About this task => Some lines in the data below hold the string "create". Report how many, as a bare number.

Collected data entries =>
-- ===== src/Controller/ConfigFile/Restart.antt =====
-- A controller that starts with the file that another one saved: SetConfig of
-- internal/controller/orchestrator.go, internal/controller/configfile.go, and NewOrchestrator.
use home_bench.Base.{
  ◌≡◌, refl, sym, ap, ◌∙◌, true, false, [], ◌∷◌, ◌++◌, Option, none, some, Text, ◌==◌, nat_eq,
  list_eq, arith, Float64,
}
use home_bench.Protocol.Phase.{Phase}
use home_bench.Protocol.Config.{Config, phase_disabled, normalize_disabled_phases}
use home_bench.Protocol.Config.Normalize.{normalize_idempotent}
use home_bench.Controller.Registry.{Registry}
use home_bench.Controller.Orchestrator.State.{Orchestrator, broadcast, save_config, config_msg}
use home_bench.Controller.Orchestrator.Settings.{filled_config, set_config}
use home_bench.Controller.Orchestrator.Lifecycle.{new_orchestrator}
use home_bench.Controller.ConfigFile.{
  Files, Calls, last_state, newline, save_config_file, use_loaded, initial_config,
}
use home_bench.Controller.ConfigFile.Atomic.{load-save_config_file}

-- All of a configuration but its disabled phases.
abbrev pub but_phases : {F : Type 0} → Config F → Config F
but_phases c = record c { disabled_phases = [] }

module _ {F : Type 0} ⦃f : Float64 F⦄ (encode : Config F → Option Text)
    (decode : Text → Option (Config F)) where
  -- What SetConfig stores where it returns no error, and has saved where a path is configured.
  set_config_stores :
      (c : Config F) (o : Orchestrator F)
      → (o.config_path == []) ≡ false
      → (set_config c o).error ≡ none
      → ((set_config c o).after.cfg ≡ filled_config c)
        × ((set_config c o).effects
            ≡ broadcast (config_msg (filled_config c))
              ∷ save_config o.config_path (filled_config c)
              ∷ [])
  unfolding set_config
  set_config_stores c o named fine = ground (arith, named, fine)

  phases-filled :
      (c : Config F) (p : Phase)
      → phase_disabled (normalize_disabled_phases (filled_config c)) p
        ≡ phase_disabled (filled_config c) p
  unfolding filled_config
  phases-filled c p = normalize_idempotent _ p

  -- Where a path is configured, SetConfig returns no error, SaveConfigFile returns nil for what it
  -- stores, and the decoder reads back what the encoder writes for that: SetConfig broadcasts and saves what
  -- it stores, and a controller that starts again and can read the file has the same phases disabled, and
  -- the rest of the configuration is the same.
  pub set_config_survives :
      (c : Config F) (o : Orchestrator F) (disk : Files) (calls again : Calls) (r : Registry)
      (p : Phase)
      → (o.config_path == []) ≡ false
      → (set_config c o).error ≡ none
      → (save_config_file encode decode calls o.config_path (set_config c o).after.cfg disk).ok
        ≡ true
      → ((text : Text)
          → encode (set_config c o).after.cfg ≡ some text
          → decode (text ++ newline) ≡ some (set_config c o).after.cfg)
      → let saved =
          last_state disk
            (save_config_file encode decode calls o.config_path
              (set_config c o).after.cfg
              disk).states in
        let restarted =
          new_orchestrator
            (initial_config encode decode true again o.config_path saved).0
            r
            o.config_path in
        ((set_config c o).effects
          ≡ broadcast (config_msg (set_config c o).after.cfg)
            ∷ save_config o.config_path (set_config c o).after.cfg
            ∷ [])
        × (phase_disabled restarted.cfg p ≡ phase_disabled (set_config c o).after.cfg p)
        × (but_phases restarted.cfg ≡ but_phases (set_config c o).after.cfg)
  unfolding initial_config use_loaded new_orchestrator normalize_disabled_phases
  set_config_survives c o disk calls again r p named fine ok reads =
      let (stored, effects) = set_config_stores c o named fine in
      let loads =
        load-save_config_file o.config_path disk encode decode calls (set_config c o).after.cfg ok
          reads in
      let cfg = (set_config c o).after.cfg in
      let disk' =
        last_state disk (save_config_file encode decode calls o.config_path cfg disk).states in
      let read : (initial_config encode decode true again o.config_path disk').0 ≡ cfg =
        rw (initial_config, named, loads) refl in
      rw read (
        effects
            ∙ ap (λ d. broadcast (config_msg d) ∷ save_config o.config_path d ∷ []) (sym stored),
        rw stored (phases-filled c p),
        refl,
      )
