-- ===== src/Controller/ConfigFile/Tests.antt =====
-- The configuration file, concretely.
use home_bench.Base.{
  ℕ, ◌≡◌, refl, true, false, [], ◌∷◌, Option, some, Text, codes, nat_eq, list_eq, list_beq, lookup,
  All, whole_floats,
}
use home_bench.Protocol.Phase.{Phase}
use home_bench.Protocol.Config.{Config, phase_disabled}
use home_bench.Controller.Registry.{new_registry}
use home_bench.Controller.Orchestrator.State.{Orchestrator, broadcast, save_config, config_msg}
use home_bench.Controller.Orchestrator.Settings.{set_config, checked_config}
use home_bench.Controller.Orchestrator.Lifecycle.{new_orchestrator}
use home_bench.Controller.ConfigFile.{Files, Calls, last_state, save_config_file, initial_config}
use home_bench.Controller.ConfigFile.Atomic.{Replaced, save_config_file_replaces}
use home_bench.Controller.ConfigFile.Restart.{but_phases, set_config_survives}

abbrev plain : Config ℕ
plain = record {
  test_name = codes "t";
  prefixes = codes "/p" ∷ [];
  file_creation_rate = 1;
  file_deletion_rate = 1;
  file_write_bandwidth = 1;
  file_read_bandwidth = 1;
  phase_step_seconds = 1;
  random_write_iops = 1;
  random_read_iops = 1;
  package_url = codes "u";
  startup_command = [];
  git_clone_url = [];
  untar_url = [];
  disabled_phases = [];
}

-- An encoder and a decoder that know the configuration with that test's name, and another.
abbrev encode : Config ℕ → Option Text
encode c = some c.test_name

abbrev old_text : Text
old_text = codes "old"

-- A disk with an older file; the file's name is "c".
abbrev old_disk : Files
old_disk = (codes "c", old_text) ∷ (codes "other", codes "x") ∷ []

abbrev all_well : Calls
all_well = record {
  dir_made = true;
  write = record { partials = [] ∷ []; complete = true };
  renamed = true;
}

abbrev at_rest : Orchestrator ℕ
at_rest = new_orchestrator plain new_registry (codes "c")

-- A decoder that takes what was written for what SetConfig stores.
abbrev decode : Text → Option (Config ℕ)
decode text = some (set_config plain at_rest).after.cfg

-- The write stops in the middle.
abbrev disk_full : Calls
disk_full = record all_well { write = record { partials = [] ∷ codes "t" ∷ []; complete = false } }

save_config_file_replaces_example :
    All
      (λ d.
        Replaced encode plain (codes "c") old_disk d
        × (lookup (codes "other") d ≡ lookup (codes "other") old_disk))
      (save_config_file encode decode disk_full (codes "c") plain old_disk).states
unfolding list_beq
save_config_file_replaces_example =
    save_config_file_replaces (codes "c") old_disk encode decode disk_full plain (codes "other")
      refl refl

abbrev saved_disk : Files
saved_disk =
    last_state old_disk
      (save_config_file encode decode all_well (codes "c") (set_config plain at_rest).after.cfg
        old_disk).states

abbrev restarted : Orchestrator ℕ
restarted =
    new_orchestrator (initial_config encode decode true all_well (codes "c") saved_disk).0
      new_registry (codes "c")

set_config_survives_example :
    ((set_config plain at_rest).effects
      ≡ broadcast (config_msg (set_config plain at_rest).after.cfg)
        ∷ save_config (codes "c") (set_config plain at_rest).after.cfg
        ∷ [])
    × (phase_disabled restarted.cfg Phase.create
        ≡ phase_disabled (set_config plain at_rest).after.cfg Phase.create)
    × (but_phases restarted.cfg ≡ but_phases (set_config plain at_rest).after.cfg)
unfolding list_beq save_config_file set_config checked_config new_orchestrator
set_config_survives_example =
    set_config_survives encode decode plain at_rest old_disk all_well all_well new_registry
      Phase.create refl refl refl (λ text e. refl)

Worked solution => 3